Надин Гордимер - Дом Инкаламу (сборник рассказов)
Когда сын фермера приезжал домой, она уходила подальше от крааля и от своих подруг. Он шел гулять один. Они ни о чем не уговаривались, просто это была потребность, которой оба подчинялись независимо друг от друга. Он узнавал ее еще издали, а она не боялась, что его собака будет лаять на нее. В овраге, в русле пересохшей реки, где лет пять-шесть назад дети в один незабываемый день поймали геррозавра — существо, которое идеально сочетает свирепую внешность крокодила с безобидностью ящерицы,— они садились рядом на откосе. Он рассказывал ей истории о неведомом мире — о школе, о принятых в школе наказаниях, преувеличивая как их суровость, так и свое пренебрежение к ним. Он рассказывал ей о городе Миддебурге, где она никогда не бывала. Ей рассказы-
вать было нечего, но она помогала ему нескончаемыми вопросами, как помогают те, кто умеет слушать. Рассказывая, он крутил и дергал корни ив и октеи, торчавшие из растрескавшейся земли вокруг них. С давних пор дети убегали играть сюда, на дно оврага, укрытого чащей, где старые, изъеденные термитами деревья не падали, подпертые молодой порослью, а между стволами росла дикая спаржа и кое-где торчали опунции, морщинистые и колючие, точно лицо старика, высохшие, но таящие жизнь в ожидании следующего сезона дождей. Слушая его, она снова и снова протыкала острой палочкой сухой бок опунции. Она без конца смеялась тому, что он ей рассказывал, и иногда прижималась лицом к коленям, делясь весельем с прохладной затененной землей у своих ног. Когда он приезжал на ферму, она надевала белые босоножки, густо намазанные от пыли белым кремом, но здесь, в речном русле, их можно было снять и отставить в сторону.

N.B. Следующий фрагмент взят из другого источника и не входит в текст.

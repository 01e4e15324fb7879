-- ===== src/Store/Delivery.antt =====
-- internal/store/postgres/delivery.go, and the two methods of retry.go that are its variants.
use Prim.Native.String.{count}
use rc_pangjiahui.Prelude.{
  ℕ, leb, not, any_where, ◌+◌, String, Bool, true, false, ◌&&◌, Option, none, some, ◌==◌, ◌=ₛ◌,
  if◌then◌else◌, update_where, find_where, count_where,
}
use rc_pangjiahui.Notification.Model.{
  Time, Status, pending, delivering, retry_wait, dead, same_status, Outcome, retryable, permanent,
  Task, DeliverySnapshot, empty_task, AttemptResult, Claim,
}
use rc_pangjiahui.Store.Tables.{TaskRow, Db, Fallible, err, other, Reply, reply}
use rc_pangjiahui.Store.Query.{is_dead, replay_row}

abbrev pub is_pending : String → TaskRow → Bool
is_pending id r = r.id =ₛ id && same_status r.status pending

-- The row that the UPDATE of ClaimDelivery writes; `clock` is the server's now().
abbrev pub claim_row : Time → String → Time → TaskRow → TaskRow
claim_row clock lease until r = record r {
  status = delivering;
  lease_token = some lease;
  lease_until = some until;
  attempt_count = r.attempt_count + 1;
  updated_at = clock;
}

-- The snapshot that ClaimDelivery reads back.
abbrev pub snapshot_of : TaskRow → DeliverySnapshot
snapshot_of r = record {
  destination_id = r.request.destination_id;
  method = r.request.method;
  url = r.request.url;
  static_headers = r.request.static_headers;
  secret_headers = r.request.secret_headers;
  body = r.request.body;
  timeout = r.request.timeout_ns;
  retry = r.request.retry;
  concurrency_limit = r.request.concurrency_limit;
  idempotency_key = r.idempotency_key;
}

-- The task that ClaimDelivery makes of the row that its UPDATE returns.
abbrev pub claimed_task : String → Time → TaskRow → Task
claimed_task lease until r = record (empty_task r.status) {
  id = r.id;
  caller_id = r.caller_id;
  idempotency_key = r.idempotency_key;
  snapshot = snapshot_of r;
  attempt_count = r.attempt_count;
  generation = r.generation;
  created_at = r.created_at;
  updated_at = r.updated_at;
  lease_token = lease;
  lease_until = some until;
}

-- Claim{}, whose task nobody reads.
abbrev no_claim : Claim
no_claim = record { task = empty_task pending; acquired = false }

abbrev pub claim_of : Time → String → Time → Option TaskRow → Claim
claim_of clock lease until none = no_claim
claim_of clock lease until (some r) = record {
  task = claimed_task lease until (claim_row clock lease until r);
  acquired = true;
}

unfoldable pub claim_delivery : Reply → Time → String → String → Time → Db → Db × Fallible Claim
claim_delivery call clock id lease until db = reply call "claim delivery" db (
  record db { tasks = update_where (is_pending id) (claim_row clock lease until) db.tasks },
  claim_of clock lease until (find_where (is_pending id) db.tasks),
)

-- NULLIF(c, default)
abbrev pub nullif_ℕ : ℕ → Option ℕ
nullif_ℕ n = if n == 0 then none else some n

abbrev pub nullif : String → Option String
nullif s = if s =ₛ "" then none else some s

-- c = token, which is not true of NULL.
abbrev pub has_token : Option String → String → Bool
has_token none token = false
has_token (some t) token = t =ₛ token

abbrev pub is_leased : String → String → TaskRow → Bool
is_leased id lease r =
    r.id =ₛ id && same_status r.status delivering && has_token r.lease_token lease

abbrev pub status_of : Outcome → Status
status_of Outcome.delivered = Status.delivered
status_of retryable = retry_wait
status_of permanent = dead

abbrev pub next_of : Outcome → Option Time → Option Time
next_of retryable next = next
next_of _ next = none

abbrev pub delivered_of : Outcome → Time → Option Time
delivered_of Outcome.delivered at = some at
delivered_of _ at = none

abbrev pub dead_of : Outcome → Time → Option Time
dead_of permanent at = some at
dead_of _ at = none

-- The row that the UPDATE of ApplyDeliveryResult writes.
abbrev pub result_row : AttemptResult → TaskRow → TaskRow
result_row result r = record r {
  status = status_of result.outcome;
  next_attempt_at = next_of result.outcome result.next_attempt_at;
  lease_token = none;
  lease_until = none;
  last_http_status = nullif_ℕ result.http_status;
  last_error_code = nullif result.error_code;
  last_error_message = nullif result.error_message;
  updated_at = result.completed_at;
  delivered_at = delivered_of result.outcome result.completed_at;
  dead_at = dead_of result.outcome result.completed_at;
}

-- The CHECK constraints on the columns that the UPDATE sets.
unfoldable pub result_checks : AttemptResult → Bool
result_checks result = leb (count result.error_code) 128 && leb (count result.error_message) 1024

-- The server refuses an UPDATE that would write a row against a constraint.
unfoldable pub apply_delivery_result :
    Reply → String → String → AttemptResult → Db → Db × Fallible Bool
apply_delivery_result call id lease result db =
    if any_where (is_leased id lease) db.tasks && not (result_checks result)
    then (db, err (other "apply delivery result"))
    else reply call "apply delivery result" db (
      record db { tasks = update_where (is_leased id lease) (result_row result) db.tasks },
      count_where (is_leased id lease) db.tasks == 1,
    )

unfoldable pub schedule_retry :
    Reply → String → String → Time → AttemptResult → Db → Db × Fallible Bool
unfolding apply_delivery_result
schedule_retry call id lease next result db =
    apply_delivery_result call id lease (record result { next_attempt_at = some next }) db

-- ReplayDead, which makes no event.
unfoldable pub replay_dead : Reply → String → Time → Db → Db × Fallible Bool
replay_dead call id now db = reply call "replay dead task" db (
  record db { tasks = update_where (is_dead id) (replay_row now) db.tasks },
  count_where (is_dead id) db.tasks == 1,
)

Как-то летом под вечер, когда речка еще не совсем пересохла и было очень жарко, она пошла побродить по воде, скромно подобрав платье и заправив его снизу в трусы. Девочки, с которыми он купался у плотин или в прудах, были в бикини, но их животы и бедра, ослепительно белые в солнечном свете, никогда не вызывали у него чувства, которое он испытывал сейчас, когда она, поднявшись по откосу, села рядом с ним и капли, унизы-завшие ее темные ноги, заблестели — единственные точечки света в густой пахнущей землей тени. Они не боялись друг друга, они знали друг друга всегда, и он повторил с ней то, что испробовал в запертой кладовой на свадьбе, но только теперь это было так чудесно, так чудесно... он даже удивился. И она тоже была удивлена — он видел это в ее темном лице, сливавшемся с тенью, в ее больших темных глазах, мерцающих, как тихая вода, и внимательно устремленных на него,— как тогда, когда они сидели на корточках над своими глиняными волами, как тогда, когда он рассказывал ей про воскресенья, проведенные в школьном карцере.

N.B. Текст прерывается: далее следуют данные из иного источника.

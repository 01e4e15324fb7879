-- ===== src/Prelude/RowLaws.antt =====
-- What the statements over a table do to tests and predicates on its rows.
use mathlib.Core.Path.{◌≡◌, refl, subst}
use mathlib.Core.Bool.{Bool, true, false, ◌||◌}
use mathlib.Core.Option.{none, some}
use mathlib.Core.Logic.{◌⊎◌, inl, inr}
use mathlib.Core.List.{List, [], ◌∷◌, ◌++◌}
use native.Mathlib.Omega.{arith}
use rc_pangjiahui.Prelude.Tests.{if◌then◌else◌, Bool-cases}
use rc_pangjiahui.Prelude.Lists.{All, All-always}
use rc_pangjiahui.Prelude.Rows.{
  update_where, count_where, find_where, select_where, any_where, insert_by, order_by,
}

module _ {ℓ κ} {A : Type ℓ} (P : A → Type κ) where
  -- A predicate that the new rows satisfy is kept.
  pub All-update_where :
      (p : A → Bool) (f : A → A)
      → ((r : A) → p r ≡ true → P r → P (f r))
      → (rs : List A) → All P rs
      → All P (update_where p f rs)
  unfolding update_where
  All-update_where p f keep [] h = tt
  All-update_where p f keep (r ∷ rs) h = elim (Bool-cases (p r)) [
    | inl e ↦ (rw e (keep r e h.0), All-update_where p f keep rs h.1)
    | inr e ↦ (rw e h.0, All-update_where p f keep rs h.1)
  ]

  pub All-select_where : (p : A → Bool) (rs : List A) → All P rs → All P (select_where p rs)
  unfolding select_where
  All-select_where p [] h = tt
  All-select_where p (r ∷ rs) h = elim (Bool-cases (p r)) [
    | inl e ↦ rw e (h.0, All-select_where p rs h.1)
    | inr e ↦ rw e (All-select_where p rs h.1)
  ]

  pub All-insert_by :
      (before : A → A → Bool) (x : A) (rs : List A) → P x → All P rs → All P (insert_by before x rs)
  unfolding insert_by
  All-insert_by before x [] hx h = (hx, tt)
  All-insert_by before x (r ∷ rs) hx h = elim (Bool-cases (before r x)) [
    | inl e ↦ rw e (h.0, All-insert_by before x rs hx h.1)
    | inr e ↦ rw e (hx, h)
  ]

  pub All-order_by : (before : A → A → Bool) (rs : List A) → All P rs → All P (order_by before rs)
  unfolding order_by
  All-order_by before [] h = tt
  All-order_by before (r ∷ rs) h =
      All-insert_by before r (order_by before rs) h.0 (All-order_by before rs h.1)

  -- What holds of all rows holds of the row that a query finds.
  pub All-find_where :
      (p : A → Bool) (rs : List A) {r : A}
      → find_where p rs ≡ some r
      → All P rs
      → P r × (p r ≡ true)
  unfolding find_where
  All-find_where p [] e h = cc
  All-find_where p (x ∷ rs) {r} e h = elim (Bool-cases (p x)) [
    | inl q ↦
        let same : some x ≡ some r =
          subst (λ b. (if b then some x else find_where p rs) ≡ some r) q e in
        ground (arith, same, q, h.0)
    | inr q ↦
        All-find_where p rs (subst (λ b. (if b then some x else find_where p rs) ≡ some r) q e) h.1
  ]

-- The changed rows satisfy a predicate for one reason and the others for another.
pub All-update_into {ℓ κ μ} :
    {A : Type ℓ} (P : A → Type κ) (Q : A → Type μ) (p : A → Bool) (f : A → A)
    → ((r : A) → p r ≡ true → P r → Q (f r))
    → ((r : A) → p r ≡ false → P r → Q r)
    → (rs : List A) → All P rs
    → All Q (update_where p f rs)
unfolding update_where
All-update_into P Q p f changed kept [] h = tt
All-update_into P Q p f changed kept (r ∷ rs) h = elim (Bool-cases (p r)) [
  | inl e ↦ (rw e (changed r e h.0), All-update_into P Q p f changed kept rs h.1)
  | inr e ↦ (rw e (kept r e h.0), All-update_into P Q p f changed kept rs h.1)
]

-- The selected rows pass the test of the selection.
pub All-select_into {ℓ κ μ} :
    {A : Type ℓ} (P : A → Type κ) (Q : A → Type μ) (p : A → Bool)
    → ((r : A) → p r ≡ true → P r → Q r)
    → (rs : List A) → All P rs
    → All Q (select_where p rs)
unfolding select_where
All-select_into P Q p keep [] h = tt
All-select_into P Q p keep (r ∷ rs) h = elim (Bool-cases (p r)) [
  | inl e ↦ rw e (keep r e h.0, All-select_into P Q p keep rs h.1)
  | inr e ↦ rw e (All-select_into P Q p keep rs h.1)
]

module _ {ℓ} {A : Type ℓ} where
  -- A test that the new rows pass as the old ones did finds the same.
  pub any_where-update_where :
      (q p : A → Bool) (f : A → A)
      → ((r : A) → p r ≡ true → q (f r) ≡ q r)
      → (rs : List A) → any_where q (update_where p f rs) ≡ any_where q rs
  unfolding any_where update_where
  any_where-update_where q p f same [] = refl
  any_where-update_where q p f same (r ∷ rs) = elim (Bool-cases (p r)) [
    | inl e ↦ rw (e, same r e, any_where-update_where q p f same rs)
    | inr e ↦ rw (e, any_where-update_where q p f same rs)
  ]

  -- A change after which no row passes a test.
  pub any_where-cleared :
      (q p : A → Bool) (f : A → A)
      → ((r : A) → p r ≡ true → q (f r) ≡ false)
      → ((r : A) → p r ≡ false → q r ≡ true → ⊥)
      → (rs : List A) → any_where q (update_where p f rs) ≡ false
  unfolding any_where update_where
  any_where-cleared q p f changed kept [] = refl
  any_where-cleared q p f changed kept (r ∷ rs) =
      ground (arith, changed r, kept r, any_where-cleared q p f changed kept rs)

  -- A change that gives no row that passes a test where none did.
  pub any_where-still_none :
      (q p : A → Bool) (f : A → A)
      → ((r : A) → p r ≡ true → q (f r) ≡ false)
      → (rs : List A) → any_where q rs ≡ false
      → any_where q (update_where p f rs) ≡ false
  unfolding any_where update_where
  any_where-still_none q p f changed [] h = refl
  any_where-still_none q p f changed (r ∷ rs) h =
      ground (arith, changed r, any_where-still_none q p f changed rs)

  pub any_where-append :
      (q : A → Bool) (xs ys : List A) → any_where q (xs ++ ys) ≡ (any_where q xs || any_where q ys)
  unfolding any_where
  any_where-append q [] ys = refl
  any_where-append q (x ∷ xs) ys = ground (arith, any_where-append q xs ys)

  pub find_where-absent :
      (q : A → Bool) (rs : List A) → any_where q rs ≡ false → find_where q rs ≡ none
  unfolding any_where find_where
  find_where-absent q [] h = refl
  find_where-absent q (r ∷ rs) h = ground (arith, find_where-absent q rs)

  -- A search that fails on the rows before the last finds the last, if that passes.
  pub find_where-last :
      (q : A → Bool) (xs : List A) (x : A)
      → any_where q xs ≡ false
      → q x ≡ true
      → find_where q (xs ++ x ∷ []) ≡ some x
  unfolding any_where find_where
  find_where-last q [] x new passes = ground (arith, passes)
  find_where-last q (y ∷ xs) x new passes = ground (arith, find_where-last q xs x)

  -- Rows that a selection drops are not missed by a test that fails on them.
  pub any_where-select_where :
      (q p : A → Bool)
      → ((r : A) → q r ≡ true → p r ≡ true)
      → (rs : List A) → any_where q (select_where p rs) ≡ any_where q rs
  unfolding any_where select_where
  any_where-select_where q p keep [] = refl
  any_where-select_where q p keep (r ∷ rs) =
      ground (arith, keep r, any_where-select_where q p keep rs)

  pub any_where→All :
      (q : A → Bool) (rs : List A) → any_where q rs ≡ false → All (λ r. q r ≡ false) rs
  unfolding any_where
  any_where→All q [] h = tt
  any_where→All q (r ∷ rs) h = (ground arith, any_where→All q rs (ground arith))

  pub All→any_where :
      (q : A → Bool) (rs : List A) → All (λ r. q r ≡ false) rs → any_where q rs ≡ false
  unfolding any_where
  All→any_where q [] h = refl
  All→any_where q (r ∷ rs) h = ground (arith, h.0, All→any_where q rs h.1)

  -- A query finds a row exactly if a test does.
  pub find_where-any_where :
      (q : A → Bool) (rs : List A) → (find_where q rs ≡ none) ⊎ (any_where q rs ≡ true)
  unfolding find_where any_where
  find_where-any_where q [] = inl refl
  find_where-any_where q (r ∷ rs) = elim (Bool-cases (q r)) [
    | inl e ↦ inr (rw e)
    | inr e ↦ rw e (find_where-any_where q rs)
  ]

  pub find_where-none :
      (q : A → Bool) (rs : List A) → find_where q rs ≡ none → any_where q rs ≡ false
  unfolding find_where any_where
  find_where-none q [] h = refl
  find_where-none q (r ∷ rs) h = ground (arith, find_where-none q rs)

  pub update_where-none :
      (q : A → Bool) (f : A → A) (rs : List A) → any_where q rs ≡ false → update_where q f rs ≡ rs
  unfolding update_where any_where
  update_where-none q f [] h = refl
  update_where-none q f (r ∷ rs) h = ground (arith, update_where-none q f rs)

  pub count_where-none :
      (q : A → Bool) (rs : List A) → any_where q rs ≡ false → count_where q rs ≡ 0
  unfolding count_where any_where
  count_where-none q [] h = refl
  count_where-none q (r ∷ rs) h = ground (arith, count_where-none q rs)

  pub All-find :
      (q : A → Bool) (rs : List A) {r : A} → find_where q rs ≡ some r → any_where q rs ≡ true
  unfolding find_where any_where
  All-find q [] h = cc
  All-find q (x ∷ rs) {r} h = ground (arith, All-find q rs {r = r})

pub find_where-passes {ℓ} :
    {A : Type ℓ} (q : A → Bool) (rs : List A) {r : A} → find_where q rs ≡ some r → q r ≡ true
find_where-passes q rs {r} e =
    (All-find_where (λ x. Unit {0}) q rs {r = r} e (All-always (λ x. Unit {0}) (λ x. tt) rs)).1

-- A second statement that changes exactly the rows that the first has changed.
module _ {ℓ} {A : Type ℓ} (p q : A → Bool) (f : A → A)
    (moved : (r : A) → p r ≡ true → q (f r) ≡ true) where
  pub update_where-twice :
      (g : A → A) (rs : List A)
      → All (λ r. p r ≡ false → q r ≡ false) rs
      → update_where q g (update_where p f rs) ≡ update_where p (λ r. g (f r)) rs
  unfolding update_where
  update_where-twice g [] h = refl
  update_where-twice g (r ∷ rs) h = elim (Bool-cases (p r)) [
    | inl e ↦ rw (e, moved r e, update_where-twice g rs h.1)
    | inr e ↦ rw (e, h.0 e, update_where-twice g rs h.1)
  ]

  pub count_where-twice :
      (rs : List A)
      → All (λ r. p r ≡ false → q r ≡ false) rs
      → count_where q (update_where p f rs) ≡ count_where p rs
  unfolding update_where count_where
  count_where-twice [] h = refl
  count_where-twice (r ∷ rs) h = elim (Bool-cases (p r)) [
    | inl e ↦ rw (e, moved r e, count_where-twice rs h.1)
    | inr e ↦ rw (e, h.0 e, count_where-twice rs h.1)
  ]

В эти летние каникулы они часто спускались в сухое русло. Они встречались, когда начинало смеркаться (а смеркалось быстро), и возвращались в темноте как раз к ужину: она —
в хижину матери, он — на ферму. Он больше не рассказывал ей про школу и про город. Она больше не задавала ему вопросов. Каждый раз он говорил ей, когда они встретятся снова. Раза два это было ранним утром: там, где они лежали, до них доносилось мычание коров, которых гнали на пастбище. Они узнавали этот звук, и безмолвное узнавание в глазах совсем рядом с другими глазами разделяло их.
В школе он пользовался популярностью. Сначала он играл во второй футбольной команде, а потом и в первой. Староста «параллельной» женской школы, по слухам, была влюблена в него; ему она не очень нравилась, но хорошенькую блондинку, которая укладывала свои длинные волосы пышным узлом и перетягивала их черной лентой, он водил в кино — по субботам, когда старших мальчиков и девочек отпускали из школы. Он умел управлять трактором и другими сельскохозяйственными машинами с десятилетнего возраста и, едва ему исполнилось восемнадцать, получил права, а потому во время последних школьных каникул возил соседских дочек на танцы и в кинотеатр, открывшийся в пятнадцати милях от их фермы. Его сестры к этому времени уже повыходили замуж, и родители нередко поручали ему ферму на субботу и воскресенье, а сами уезжали навестить дочерей и внуков.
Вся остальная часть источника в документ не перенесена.